Kendra Pintor (nee Craighead), ’18, just had her story “The Mahanas” published in Lunch Ticket‘s Amuse-Bouche in November ’21…and her story “The Sluagh” was published via The CRAFT Literary Magazine in January 2022–and they’ve since nominated it for including in The Best American Science Fiction and Fantasy. Good luck, Kendra! (All this in addition to poems published in Foliate Oak Literary MagazineSagebrush ReviewBarking Sycamores, and Sucarnochee Review, and has contributed numerous articles to Inland Empire Magazine. ) Kendra was also admitted to the 2022 Juniper Summer Writing Institute, a prestigious week-long immersion into writing with some of the best writers in the country.

Gabriela Ramos, ’19: in summer 2022, Gaby will also be going to the 2022 Juniper Summer Writing Institute (Go Leopards!). In winter 2022, Gaby had their poem “holes.” accepted by the esteemed literary journal Pleiades.
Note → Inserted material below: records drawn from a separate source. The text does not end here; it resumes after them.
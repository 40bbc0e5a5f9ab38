-- ===== src/CircuitBreaker/Circuit.antt =====
-- src/circuit_breaker.rs: the circuit of one peer and its transitions. An `Instant` is a count of
-- nanoseconds; each operation reads the clock once, as `now`. `u32` counters wrap as they do in a
-- release build. Log lines are left out.
use llamesh.Prelude.{
  ℕ, zero, suc, ◌-◌, ◌*◌, ◌/◌, ◌^◌, min, max, Bool, true, false, not, ◌&&◌, ◌||◌, Option, none,
  some, List, [], ◌∷◌, ltb, leb, eqb, any, if◌then◌else◌,
}
use llamesh.Prelude.Word.{u32_incr, as_u64, saturating_mul}

pub data CircuitState : Type 0 where
  closed opened half_open : CircuitState

pub data DispatchDecision : Type 0 where
  admit : Bool → DispatchDecision
  deny : DispatchDecision

pub record PeerCircuit : Type 0 where
  pub state : CircuitState
  pub failure_count : ℕ
  pub success_count : ℕ
  pub last_failure : Option ℕ
  pub last_state_change : ℕ
  pub consecutive_opens : ℕ
  pub opened_at : ℕ
  pub created : ℕ
  pub last_probe_ms : ℕ

pub record CircuitBreakerConfig : Type 0 where
  pub failure_threshold : ℕ
  pub success_threshold : ℕ
  pub open_duration_base_ms : ℕ
  pub open_duration_max_ms : ℕ
  pub half_open_probe_interval_ms : ℕ
  pub enabled : Bool

-- `CircuitBreakerConfig::default`
abbrev pub default_config : CircuitBreakerConfig
default_config = record {
  failure_threshold = 5;
  success_threshold = 2;
  open_duration_base_ms = 5000;
  open_duration_max_ms = 60000;
  half_open_probe_interval_ms = 1000;
  enabled = true;
}

abbrev pub nanos_per_ms : ℕ
nanos_per_ms = 1000000

-- `PeerCircuit::default`
unfoldable pub default_circuit : ℕ → PeerCircuit
default_circuit now = record {
  state = closed;
  failure_count = 0;
  success_count = 0;
  last_failure = none;
  last_state_change = now;
  consecutive_opens = 0;
  opened_at = now;
  created = now;
  last_probe_ms = 0;
}

-- `self.created.elapsed().as_millis() as u64`, at least 1; `elapsed` stops at 0.
unfoldable pub probe_clock : PeerCircuit → ℕ → ℕ
probe_clock c now = max (as_u64 ((now - c.created) / nanos_per_ms)) 1

-- `AtomicU64::compare_exchange` on `last_probe_ms`
unfoldable pub compare_exchange : PeerCircuit → ℕ → ℕ → PeerCircuit × Bool
compare_exchange c expected new =
    if eqb c.last_probe_ms expected then (record c { last_probe_ms = new }, true) else (c, false)

-- The pacing test: a probe was claimed less than an interval ago.
unfoldable pub is_paced : ℕ → ℕ → ℕ → Bool
is_paced last now_ms interval_ms = not (eqb last 0) && ltb (now_ms - last) interval_ms

unfoldable pub try_claim_probe : PeerCircuit → ℕ → ℕ → PeerCircuit × Bool
unfolding probe_clock compare_exchange is_paced
try_claim_probe c interval_ms now =
    let now_ms = probe_clock c now in
    let last = c.last_probe_ms in
    if eqb interval_ms 0
    then (record c { last_probe_ms = now_ms }, true)
    else if is_paced last now_ms interval_ms
    then (c, false)
    else compare_exchange c last now_ms

abbrev pub reset_probe : PeerCircuit → PeerCircuit
reset_probe c = record c { last_probe_ms = 0 }

-- Milliseconds; `Duration::from_millis` of it is `block_nanos`.
unfoldable pub calculate_backoff : CircuitBreakerConfig → ℕ → ℕ
calculate_backoff cfg consecutive_opens =
    let exponent = min (consecutive_opens - 1) 10 in
    min (saturating_mul cfg.open_duration_base_ms (2 ^ exponent)) cfg.open_duration_max_ms

abbrev pub block_nanos : CircuitBreakerConfig → PeerCircuit → ℕ
block_nanos cfg c = calculate_backoff cfg c.consecutive_opens * nanos_per_ms

-- `circuit.last_state_change.elapsed() >= backoff`
abbrev pub backoff_elapsed : CircuitBreakerConfig → PeerCircuit → ℕ → Bool
backoff_elapsed cfg c now = leb (block_nanos cfg c) (now - c.last_state_change)

-- `u32::is_power_of_two`
unfoldable pub powers_of_two : ℕ → List ℕ
powers_of_two zero = []
powers_of_two (suc k) = 2 ^ k ∷ powers_of_two k

unfoldable pub is_power_of_two : ℕ → Bool
is_power_of_two n = any (eqb n) (powers_of_two 32)

unfoldable pub reopen_logs_at_warn : CircuitBreakerConfig → ℕ → Bool
reopen_logs_at_warn cfg consecutive_opens =
    is_power_of_two consecutive_opens
    || not (
        eqb (calculate_backoff cfg consecutive_opens)
          (calculate_backoff cfg (consecutive_opens - 1)))

unfoldable pub close_after_recovery : PeerCircuit → ℕ → PeerCircuit
close_after_recovery c now =
    reset_probe (record c {
      state = closed;
      last_state_change = now;
      failure_count = 0;
      consecutive_opens = 0;
    })

-- The state match of `should_allow`.
unfoldable pub allow_by : CircuitState → CircuitBreakerConfig → PeerCircuit → ℕ → PeerCircuit × Bool
allow_by closed cfg c now = (c, true)
allow_by opened cfg c now =
    if backoff_elapsed cfg c now
    then try_claim_probe
        (reset_probe (record c { state = half_open; last_state_change = now; success_count = 0 }))
        cfg.half_open_probe_interval_ms now
    else (c, false)
allow_by half_open cfg c now = try_claim_probe c cfg.half_open_probe_interval_ms now

-- The state match of `should_allow_sync`.
unfoldable pub allow_sync_by : CircuitState → CircuitBreakerConfig → PeerCircuit → ℕ → Bool
allow_sync_by closed cfg c now = true
allow_sync_by half_open cfg c now = true
allow_sync_by opened cfg c now = backoff_elapsed cfg c now

abbrev pub probe_decision : PeerCircuit × Bool → PeerCircuit × DispatchDecision
probe_decision (c, won) = (c, if won then admit true else deny)

-- The state match of `try_claim_dispatch_sync`.
unfoldable pub claim_by :
    CircuitState → CircuitBreakerConfig → PeerCircuit → ℕ → PeerCircuit × DispatchDecision
claim_by closed cfg c now = (c, admit false)
claim_by half_open cfg c now =
    probe_decision (try_claim_probe c cfg.half_open_probe_interval_ms now)
claim_by opened cfg c now =
    if backoff_elapsed cfg c now
    then probe_decision (try_claim_probe c cfg.half_open_probe_interval_ms now)
    else (c, deny)

-- The state match of `record_success`; the result says that the success advanced a recovery.
unfoldable pub success_by :
    CircuitState → CircuitBreakerConfig → PeerCircuit → Bool → ℕ → PeerCircuit × Bool
unfolding close_after_recovery
success_by half_open cfg c probe_ticket now =
    if not probe_ticket
    then (c, false)
    else let d = record c { success_count = u32_incr c.success_count } in
      if leb cfg.success_threshold d.success_count
      then (close_after_recovery d now, true)
      else (d, false)
success_by closed cfg c probe_ticket now = (record c { failure_count = 0 }, false)
success_by opened cfg c probe_ticket now =
    if not probe_ticket
    then (c, false)
    else let d = record c { last_state_change = now; success_count = 1 } in
      if leb cfg.success_threshold 1
      then (close_after_recovery d now, true)
      else (record d { state = half_open }, true)

-- What both reopening branches of `record_failure` do.
abbrev pub reopen : PeerCircuit → ℕ → PeerCircuit
reopen c now = reset_probe (record c {
  state = opened;
  last_state_change = now;
  consecutive_opens = u32_incr c.consecutive_opens;
  success_count = 0;
})

-- The state match of `record_failure`, on the circuit with the failure counted.
unfoldable pub failure_by :
    CircuitState → CircuitBreakerConfig → PeerCircuit → Bool → ℕ → PeerCircuit
failure_by closed cfg c probe_ticket now =
    if leb cfg.failure_threshold c.failure_count
    then record (reopen c now) { opened_at = now }
    else c
failure_by half_open cfg c probe_ticket now = if probe_ticket then reopen c now else c
failure_by opened cfg c probe_ticket now = if probe_ticket then reopen c now else c

abbrev pub count_failure : PeerCircuit → ℕ → PeerCircuit
count_failure c now = record c { failure_count = u32_incr c.failure_count; last_failure = some now }

unfoldable pub allow_circuit : CircuitBreakerConfig → PeerCircuit → ℕ → PeerCircuit × Bool
unfolding allow_by
allow_circuit cfg c now = allow_by c.state cfg c now

unfoldable pub claim_circuit :
    CircuitBreakerConfig → PeerCircuit → ℕ → PeerCircuit × DispatchDecision
unfolding claim_by
claim_circuit cfg c now = claim_by c.state cfg c now

unfoldable pub success_circuit : CircuitBreakerConfig → PeerCircuit → Bool → ℕ → PeerCircuit × Bool
unfolding success_by
success_circuit cfg c probe_ticket now = success_by c.state cfg c probe_ticket now

unfoldable pub failure_circuit : CircuitBreakerConfig → PeerCircuit → Bool → ℕ → PeerCircuit
unfolding failure_by
failure_circuit cfg c probe_ticket now =
    failure_by c.state cfg (count_failure c now) probe_ticket now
In fall 2020, Gaby began working in Mississippi for the Teach for America program. In 2018, their literary essay “Healthcare” not only won the 2018 ULV undergraduate creative writing contest (chosen by judge Abby Chew) and was published in Prism Review #20 …  and  was a finalist for the Dean’s Award for Excellence in Undergraduate Research (Creative Expression) … and garnered them a scholarship to the Juniper Summer Writing Institute … and was one of two runners-up in the national AWP Kurt Brown Prize for Creative Non-Fiction. Judge Elizabeth Silver wrote, “This was an innovative look into family remedies in medicinal settings as a means of telling the narrator’s story. A strong entryway into memoir/essay. The voice is at once tactile and entertaining and leaps off the page.”

John Abbasi, ’16, had his story “Angel Hair” recently published by ANMLY. In 2018, he completed his MFA in fiction at the Rainier Writing Workshop at Pacific Lutheran University; in 2016, he won the ULV undergraduate creative writing contest for his story “Darling Young Boy” (judged by Corinna Vallianatos) and the Dean’s Award for Excellence in Undergraduate Research (Creative Expression). In spring 2020, he returned to ULV and to teach CWRT 204: Intro to Prose.
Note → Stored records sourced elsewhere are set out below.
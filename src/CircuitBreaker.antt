-- ===== src/CircuitBreaker.antt =====
-- src/circuit_breaker.rs: the breaker, a map from peer ids to circuits. The asynchronous operations
-- hold the write lock and are one step each. The synchronous ones take `contended`, which says that
-- `try_read` failed; an operation that changes state returns the breaker after it.
pub mod Circuit
pub mod Backoff
pub mod Calls
pub mod Validity
pub mod Gates
pub mod Recovery
pub mod Interleaving
pub mod Isolation
pub mod Tests
use Circuit.{
  CircuitState, closed, opened, half_open, DispatchDecision, admit, deny, PeerCircuit,
  CircuitBreakerConfig, default_circuit, allow_circuit, allow_sync_by, claim_circuit,
  success_circuit, failure_circuit,
}
use llamesh.Prelude.{
  ℕ, suc, ◌+◌, String, Bool, true, false, not, Option, none, some, List, [], ◌∷◌, map, any, is_some,
  if◌then◌else◌,
}
use llamesh.Prelude.Eq.{string_key}
use llamesh.Prelude.Dict.{Dict, lookup, insert, remove, contains_key}

pub record CircuitBreaker : Type 0 where
  pub circuits : Dict String PeerCircuit
  pub config : CircuitBreakerConfig

-- `CircuitBreaker::new`
unfoldable pub new : CircuitBreakerConfig → CircuitBreaker
new config = record { circuits = []; config = config }

abbrev or_default : Option PeerCircuit → ℕ → PeerCircuit
or_default none now = default_circuit now
or_default (some c) now = c

-- `circuits.entry(peer_id).or_default()`, the circuit that it gives
abbrev pub entry : CircuitBreaker → String → ℕ → PeerCircuit
entry b peer_id now = or_default (lookup peer_id b.circuits) now

abbrev pub store : CircuitBreaker → String → PeerCircuit → CircuitBreaker
store b peer_id c = record b { circuits = insert peer_id c b.circuits }

unfoldable pub should_allow : CircuitBreaker → String → ℕ → CircuitBreaker × Bool
should_allow b peer_id now =
    if not b.config.enabled
    then (b, true)
    else let (c, allowed) = allow_circuit b.config (entry b peer_id now) now in
      (store b peer_id c, allowed)

abbrev allow_sync_found : CircuitBreakerConfig → Option PeerCircuit → ℕ → Bool
allow_sync_found cfg none now = true
allow_sync_found cfg (some c) now = allow_sync_by c.state cfg c now

unfoldable pub should_allow_sync : CircuitBreaker → Bool → String → ℕ → Bool
should_allow_sync b contended peer_id now =
    if not b.config.enabled
    then true
    else if contended
    then true
    else allow_sync_found b.config (lookup peer_id b.circuits) now

abbrev claim_found :
    CircuitBreaker → String → Option PeerCircuit → ℕ → CircuitBreaker × DispatchDecision
claim_found b peer_id none now = (b, admit false)
claim_found b peer_id (some c) now =
    let (d, decision) = claim_circuit b.config c now in (store b peer_id d, decision)

unfoldable pub try_claim_dispatch_sync :
    CircuitBreaker → Bool → String → ℕ → CircuitBreaker × DispatchDecision
try_claim_dispatch_sync b contended peer_id now =
    if not b.config.enabled
    then (b, admit false)
    else if contended
    then (b, admit false)
    else claim_found b peer_id (lookup peer_id b.circuits) now

unfoldable pub record_success : CircuitBreaker → String → Bool → ℕ → CircuitBreaker × Bool
record_success b peer_id probe_ticket now =
    if not b.config.enabled
    then (b, false)
    else let (c, advanced) = success_circuit b.config (entry b peer_id now) probe_ticket now in
      (store b peer_id c, advanced)

unfoldable pub record_failure : CircuitBreaker → String → Bool → ℕ → CircuitBreaker
record_failure b peer_id probe_ticket now =
    if not b.config.enabled
    then b
    else store b peer_id (failure_circuit b.config (entry b peer_id now) probe_ticket now)

abbrev state_or_closed : Option PeerCircuit → CircuitState
state_or_closed none = closed
state_or_closed (some c) = c.state

unfoldable pub get_state : CircuitBreaker → String → CircuitState
get_state b peer_id = state_or_closed (lookup peer_id b.circuits)

unfoldable pub get_all_states : CircuitBreaker → Dict String CircuitState
get_all_states b = map (λ kv. (kv.0, kv.1.state)) b.circuits

-- The loop of `forget` under the write lock.
unfoldable pub forget_each : List String → CircuitBreaker → ℕ → CircuitBreaker × ℕ
forget_each [] b removed = (b, removed)
forget_each (key ∷ keys) b removed =
    forget_each keys (record b { circuits = remove key b.circuits })
      (if contains_key key b.circuits then removed + 1 else removed)

-- `forget`; `later` is the map as the write lock finds it, since the read lock was given up.
unfoldable pub forget : CircuitBreaker → CircuitBreaker → List String → CircuitBreaker × ℕ
unfolding forget_each
forget b later keys =
    if not (any (λ key. contains_key key b.circuits) keys)
    then (later, 0)
    else forget_each keys later 0

unfoldable pub reset : CircuitBreaker → String → CircuitBreaker
reset b peer_id = record b { circuits = remove peer_id b.circuits }
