-- ===== src/Gossip/Peer.antt =====
-- src/node_state/peer_state.rs and src/cluster.rs: a peer on record, and a message.
use llamesh.Prelude.{ℕ, String, Bool, List}
use llamesh.Prelude.Eq.{string_key}
use llamesh.Prelude.Dict.{Dict}

pub record PeerModelStats : Type 0 where
  pub tps : ℕ  -- the bits of the `f64`, which the handler only carries along
  pub queue_len : ℕ
  pub vram_mb : ℕ
  pub sysmem_mb : ℕ
  pub instance_count : ℕ

pub record PeerState : Type 0 where
  pub node_id : String
  pub address : String
  pub address_from_source : Bool
  pub version : String
  pub llama_cpp_version : String
  pub last_seen : ℕ
  pub started_at_unix : ℕ
  pub gossip_epoch : ℕ
  pub gossip_seq : ℕ
  pub supported_models : List String
  pub model_stats : Dict String PeerModelStats
  pub active_instances : ℕ
  pub max_instances : ℕ
  pub current_requests : ℕ
  pub available_vram : ℕ
  pub available_sysmem : ℕ
  pub llamesh_vram_mb : ℕ
  pub llamesh_sysmem_mb : ℕ
  pub external_vram_mb : ℕ
  pub device_vram_used_mb : ℕ
  pub device_vram_total_mb : ℕ
  pub gpu_telemetry_available : Bool
  pub max_vram : ℕ
  pub max_sysmem : ℕ
  pub total_queue_length : ℕ
  pub ready : Bool
  pub loaded_models : List String

pub record PeerInfo : Type 0 where
  pub node_id : String
  pub address : String

pub record GossipMessage : Type 0 where
  pub origin : PeerState
  pub known_peers : List PeerInfo

-- What the handler reads of the configuration, and the version that the build sets.
pub record Settings : Type 0 where
  pub node_id : String
  pub gossip_interval_seconds : ℕ
  pub peers : List String
  pub version_mismatch_action : String
  pub local_version : String

-- `wakeups` counts the calls of `capacity_notify.notify_waiters`.
pub record ClusterState : Type 0 where
  pub peers : Dict String PeerState
  pub logged_peer_versions : Dict String String
  pub wakeups : ℕ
Krista Nave, ’20: her poem “Justice Favors Fortune” was published in issue 4 of The Exposition Review, and she read at their launch party at Skylight Books (sort of pictured above in profile).

Aimee Campos, ’19, had her first story accepted by Mosaic Art & Literary Journal *and*, in fall 2020, began her graduate studies in the Mount St. Mary’s MFA program.

Cheyenne Avila, ’19 (pictured left, reading at La Plaze de Cultura y Artes) had her first book, I Will Forget These Poems but Never the Way They Healed Me, published in 2019. In fall 2020, she’s beginning her studies in the UC-San Diego MFA program. While at ULV, she competed at the College Union Poetry Slam Invitational (2016, 2017), the Southern Fried Poetry Slam (17, 18), and won the 2017 undergraduate creative writing contest for her essay “The House on Ellburg Street,” judged by Kevin Riel. In 2018, her poems “Ekphrasis for ‘Gathering of Women’ by Tamara Adams” (Bird’s Thumb) and “Brujeria and Bonnets: A Brown Girl’s Guide to Decolonization and Self-Actualization” (Crack the Spine Literary Magazine) were accepted for publication, and she won Cultural Weekly’s Jack Grapes Poetry Prize, as chosen by judge Rocío Carlos.

Guadalupe Robles, ’17: in 2018, her translation (from Spanish to English) of Gabriel Chávez Casazola’s Persistencia de los tatuajes was published by Valparaiso USA; in 2019, she translated Cheyenne Avila’s poems (English to Spanish) for the bilingual edition of  I Will Forget These Poms but Never the Way They Healed Me. In 2017, her senior project was a finalist for the Dean’s Award for Excellence in Undergraduate Research (Creative Expression), and in 2016 she won the ULV undergraduate creative writing contest (judged by Michelle Detorie).

Tabitha Lawrence, ’17, completed her MFA in the Rainier Writing Workshop at Pacific Lutheran University in 2020, and has had her work published in Los Angeles Review and elsewhere.